All records below are to be repeated precisely, with nothing added.

○ ○ ○ ○ ○

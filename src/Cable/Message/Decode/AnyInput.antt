-- ===== src/Cable/Message/Decode/AnyInput.antt =====
-- `Message::from_bytes` on any input, well formed or not.
use cable_rs.Base.{ℕ, ◌^◌, ◌≤◌, ◌<◌, ◌≡◌, ◌∙◌, sym, List, [], ◌∷◌, ◌++◌, length, arith, inl, inr}
use cable_rs.Cable.Constants
use cable_rs.Cable.Desert.{Desert, DesertLaws}
use cable_rs.Cable.Error
use cable_rs.Cable.Error.{Outcome, ok, err, panic, stuck}
use cable_rs.Cable.Message.{Message}
use cable_rs.Cable.Message.Encode.{to_bytes, message_size}
use cable_rs.Cable.Message.Decode.{read_message, from_bytes}
use cable_rs.Cable.Message.Decode.RoundTrip.{IsMessage, message_from_bytes-to_bytes}
use cable_rs.Cable.Reader.{Cursor}
use cable_rs.Cable.Reader.Sound.{Holds}
use mathlib.Core.Path.{subst}
use cable_rs.Cable.Message.Decode.Sound.{DecodedMessage, Ensures-message}

-- What a decoded buffer comes to: a message that was read from inside the buffer, an error or a
-- panic.
abbrev pub Decoded : List ℕ → Outcome (ℕ × Message) → Type 0
Decoded buf (ok (n, m)) = (n ≤ length buf) × DecodedMessage m
Decoded buf (err e) = Unit
Decoded buf panic = Unit
Decoded buf stuck = ⊥

module _ (v : Desert) (laws : DesertLaws v) where
  -- On any buffer the decoder ends. A message that it returns was read from inside the buffer. Unless
  -- its type is unrecognized, its header names the type of its body, its fields fit their encodings,
  -- its strings are UTF-8, and no post or channel name in a list is empty.
  pub message_from_bytes-Decoded : (buf : List ℕ) → Decoded buf (from_bytes v buf)
  unfolding from_bytes
  message_from_bytes-Decoded [] = tt
  message_from_bytes-Decoded (b ∷ bs) = go (read_message v (record { offset = 0; rest = b ∷ bs })) (
      (Ensures-message v laws (length (b ∷ bs))).run (record { offset = 0; rest = b ∷ bs })
        (omega arith))
    where
      go :
          (x : Outcome (Message × Cursor))
          → Holds 0 DecodedMessage (record { offset = 0; rest = b ∷ bs }) x
          → Decoded (b ∷ bs) (Error.◌>>=◌ x (λ r. ok (r.1.offset, r.0)))
      go (ok (m, c)) (hm, same, _) = (omega arith, hm)
      go (err e) h = tt
      go panic h = tt
      go stuck h = absurd h

  -- Whatever bytes a recognized message was decoded from, if its size leaves room for the length
  -- field, it can be encoded again, and the bytes so written decode to it.
  pub message_reencode :
      (buf rest : List ℕ) (n : ℕ) (m : Message)
      → from_bytes v buf ≡ ok (n, m)
      → m.header.msg_type ≤ Constants.channel_list_response
      → message_size v m < 2 ^ 55
      → (bs : List ℕ) × (to_bytes v m ≡ ok bs) × (from_bytes v (bs ++ rest) ≡ ok (length bs, m))
  message_reencode buf rest n m e known small =
      let (_, d) = subst (Decoded buf) e (message_from_bytes-Decoded buf) in
      elim d [
        | inl (fit, same, valid) ↦
            let whole : IsMessage v m = record {
              writable = record { fitting = fit; size = small };
              msg_type = same;
              valid = valid;
            } in
            let (bs, w, size, r) = message_from_bytes-to_bytes v laws m rest whole in
            (bs, w, r ∙ λ i. ok (sym size i, m))
        | inr (_, unknown) ↦ absurd (omega arith)
      ]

○ ○ ○ ○ ○

== Expected answer ==
filename src/Cable/Message/Decode/AnyInput.antt
-- ===== src/Cable/Message/Decode/AnyInput.antt =====
-- `Message::from_bytes` on any input, well formed or not.
use cable_rs.Base.{ℕ, ◌^◌, ◌≤◌, ◌<◌, ◌≡◌, ◌∙◌, sym, List, [], ◌∷◌, ◌++◌, length, arith, inl, inr}
use cable_rs.Cable.Constants
use cable_rs.Cable.Desert.{Desert, DesertLaws}
use cable_rs.Cable.Error
use cable_rs.Cable.Error.{Outcome, ok, err, panic, stuck}
use cable_rs.Cable.Message.{Message}
use cable_rs.Cable.Message.Encode.{to_bytes, message_size}
use cable_rs.Cable.Message.Decode.{read_message, from_bytes}
use cable_rs.Cable.Message.Decode.RoundTrip.{IsMessage, message_from_bytes-to_bytes}
use cable_rs.Cable.Reader.{Cursor}
use cable_rs.Cable.Reader.Sound.{Holds}
use mathlib.Core.Path.{subst}
use cable_rs.Cable.Message.Decode.Sound.{DecodedMessage, Ensures-message}

-- What a decoded buffer comes to: a message that was read from inside the buffer, an error or a
-- panic.
abbrev pub Decoded : List ℕ → Outcome (ℕ × Message) → Type 0
Decoded buf (ok (n, m)) = (n ≤ length buf) × DecodedMessage m
Decoded buf (err e) = Unit
Decoded buf panic = Unit
Decoded buf stuck = ⊥

module _ (v : Desert) (laws : DesertLaws v) where
  -- On any buffer the decoder ends. A message that it returns was read from inside the buffer. Unless
  -- its type is unrecognized, its header names the type of its body, its fields fit their encodings,
  -- its strings are UTF-8, and no post or channel name in a list is empty.
  pub message_from_bytes-Decoded : (buf : List ℕ) → Decoded buf (from_bytes v buf)
  unfolding from_bytes
  message_from_bytes-Decoded [] = tt
  message_from_bytes-Decoded (b ∷ bs) = go (read_message v (record { offset = 0; rest = b ∷ bs })) (
      (Ensures-message v laws (length (b ∷ bs))).run (record { offset = 0; rest = b ∷ bs })
        (omega arith))
    where
      go :
          (x : Outcome (Message × Cursor))
          → Holds 0 DecodedMessage (record { offset = 0; rest = b ∷ bs }) x
          → Decoded (b ∷ bs) (Error.◌>>=◌ x (λ r. ok (r.1.offset, r.0)))
      go (ok (m, c)) (hm, same, _) = (omega arith, hm)
      go (err e) h = tt
      go panic h = tt
      go stuck h = absurd h

  -- Whatever bytes a recognized message was decoded from, if its size leaves room for the length
  -- field, it can be encoded again, and the bytes so written decode to it.
  pub message_reencode :
      (buf rest : List ℕ) (n : ℕ) (m : Message)
      → from_bytes v buf ≡ ok (n, m)
      → m.header.msg_type ≤ Constants.channel_list_response
      → message_size v m < 2 ^ 55
      → (bs : List ℕ) × (to_bytes v m ≡ ok bs) × (from_bytes v (bs ++ rest) ≡ ok (length bs, m))
  message_reencode buf rest n m e known small =
      let (_, d) = subst (Decoded buf) e (message_from_bytes-Decoded buf) in
      elim d [
        | inl (fit, same, valid) ↦
            let whole : IsMessage v m = record {
              writable = record { fitting = fit; size = small };
              msg_type = same;
              valid = valid;
            } in
            let (bs, w, size, r) = message_from_bytes-to_bytes v laws m rest whole in
            (bs, w, r ∙ λ i. ok (sym size i, m))
        | inr (_, unknown) ↦ absurd (omega arith)
      ]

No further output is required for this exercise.